When our primary attachment figure who is supposed to love us, harms us instead, it feels too scary to live in the body. This is a coping mechanism. Like rumination, it protects us from feeling the terror of abuse and neglect. Often, it was learned first in childhood. In therapy one of the main goals is to create safety so we can begin to be curious and feel what our bodies hold. This is also how we begin to repair and nourish our intuition.

 

What does internalized trauma look like?

 

To me, internalized trauma is more of a sound than a look. Meaning, there are scripts we say over and over again to ourselves that are accusatory, dismissive, harsh, unloving, dogmatic, etc. They are the sentences that are usually behind the sentences we first hear ourselves say internally. When we listen closely, we realize these scripts serve the narratives of those who benefitted from our abuse. And, in my opinion, that’s the worst part of trauma: we learn to become complicit in abuse against ourselves. It’s what evil wants.
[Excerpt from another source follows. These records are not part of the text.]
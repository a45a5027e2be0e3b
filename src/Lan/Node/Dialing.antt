-- ===== src/Lan/Node/Dialing.antt =====
-- Dialing in crates/cled-lan/src/node.rs: who is due, the attempt, and the backoff after it.
use cled.Common.{
  Bool, List, Option, [], contains, false, if◌then◌else◌, is_some, leb, map, min, nat_eq, none, not,
  retain, some, true, ℕ, ◌&&◌, ◌*◌, ◌++◌, ◌+◌, ◌==◌, ◌||◌, ◌∷◌,
}
use cled.Common.Map
use cled.Sync.Item.{DeviceId}
use cled.Lan.Error.{LanError, Result, ok, err, unknown_peer, timeout}
use cled.Lan.Addr.{SocketAddr}
use cled.Lan.Peers.{Peer, PeerStore}
use cled.Lan.Peers
use cled.Lan.Node.{Node, Backoff, Instant, second, max_backoff, is_connected, should_dial}
use cled.Lan.Node.Group.{trigger_dial}

-- The start of `dial`: whether an attempt is made, which is then noted as under way.
unfoldable begin_dial : Node → DeviceId → Instant → Node × Bool
begin_dial n peer now =
    if is_connected n peer || not (should_dial n peer now) || contains n.dialing peer
    then (n, false)
    else (record n { dialing = peer ∷ n.dialing }, true)

-- The backoff after a failure: the next attempt comes after the delay, which is doubled up to a bound.
unfoldable pub back_off : Option Backoff → Instant → Backoff
back_off entry now =
    let delay : ℕ = elim entry [ none ↦ second | some b ↦ b.delay ] in
    record { next_attempt = now + delay; delay = min (delay * 2) max_backoff }

-- The end of `dial`, with the outcome of the attempt.
unfoldable pub end_dial : Node → DeviceId → Result (Unit {0}) → Instant → Node
end_dial n peer outcome now =
    let rested : Node = record n { dialing = retain (λ d. not (d == peer)) n.dialing } in
    elim outcome [
      | ok done ↦ record rested { backoff = Map.remove rested.backoff peer }
      | err e ↦ record rested {
        backoff = Map.insert rested.backoff peer (back_off (Map.get rested.backoff peer) now);
      }
    ]

-- The paired devices whose backoff is over, in the order of the store.
unfoldable pub due : Node → Instant → List DeviceId
due n now =
    retain (λ id. elim (Map.get n.backoff id) [ none ↦ true | some b ↦ leb b.next_attempt now ])
      (map (λ (p : Peer). p.device_id) n.peers.peers)

-- A tick of `dial_loop`: a task for each due device that is not connected.
unfoldable pub tick : Node → Instant → Node
tick n now = record n { spawned = n.spawned ++ retain (λ id. not (is_connected n id)) (due n now) }

unfoldable pub on_discovered : Node → DeviceId → Node
on_discovered n device =
    if is_some (Peers.get n.peers device) && not (is_connected n device)
    then trigger_dial n device
    else n

-- The loop of `connect_any`: the outcome of an attempt at an address is given, `none` where it times
-- out.
unfoldable pub connect_from {ℓ} :
    {A : Type ℓ}
    → (SocketAddr → Option (Result A))
    → List SocketAddr
    → LanError
    → Result (A × SocketAddr)
connect_from attempt [] last_error = err last_error
connect_from attempt (a ∷ rest) last_error = elim (attempt a) [
  | none ↦ connect_from attempt rest timeout
  | some outcome ↦ elim outcome [ ok stream ↦ ok (stream, a) | err e ↦ connect_from attempt rest e ]
]

unfoldable pub connect_any {ℓ} :
    {A : Type ℓ} → (SocketAddr → Option (Result A)) → List SocketAddr → Result (A × SocketAddr)
connect_any attempt addresses = connect_from attempt addresses unknown_peer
As a therapist, that’s what I get to disrupt, and I can’t think of a higher calling.

 

Talk to us about what you call survival mode vs. creation mode when it comes to abuse survivors.

 

It may sound obvious, but survivors know how to survive. It’s what they do. When in an abusive relationship, survivors are living in survival mode. When confronted with choice, it is an easy decision: go with whatever helps you survive and mitigate further harm. But when a survivor has moved out of an abusive relationship and threat is no longer present, choice is no longer based on survival, but on creation. There is freedom to choose and create. And to many survivors, that can be terrifying. It can be hard to trust it is possible to move forward freely, and without abusive relational consequences. Plus, it can expose ways we never got to develop certain abilities or capacities. And that can bring up grief. Survivors need a lot of support and celebration in this phase. It is a time of individuating and deepening in our sense of self. It also feeds and strengthens our intuition. It can be both exhilarating and scary at first, and that is completely normal.

 

Would you give us that quote you love by Dorothy Allison?

 

“Throughout my life somebody has always tried to set the boundaries of who and what I will be allowed to be. What is common to these boundary lines is that their most destructive power lies in what I can be persuaded to do to myself – the walls of fear, shame, and guilt I can be encouraged to build in my own mind.”

Yvette recommends Healing From Hidden Abuse, by Shannon Thomas, LCSW as a straightforward and easy read for those dealing with psychological abuse.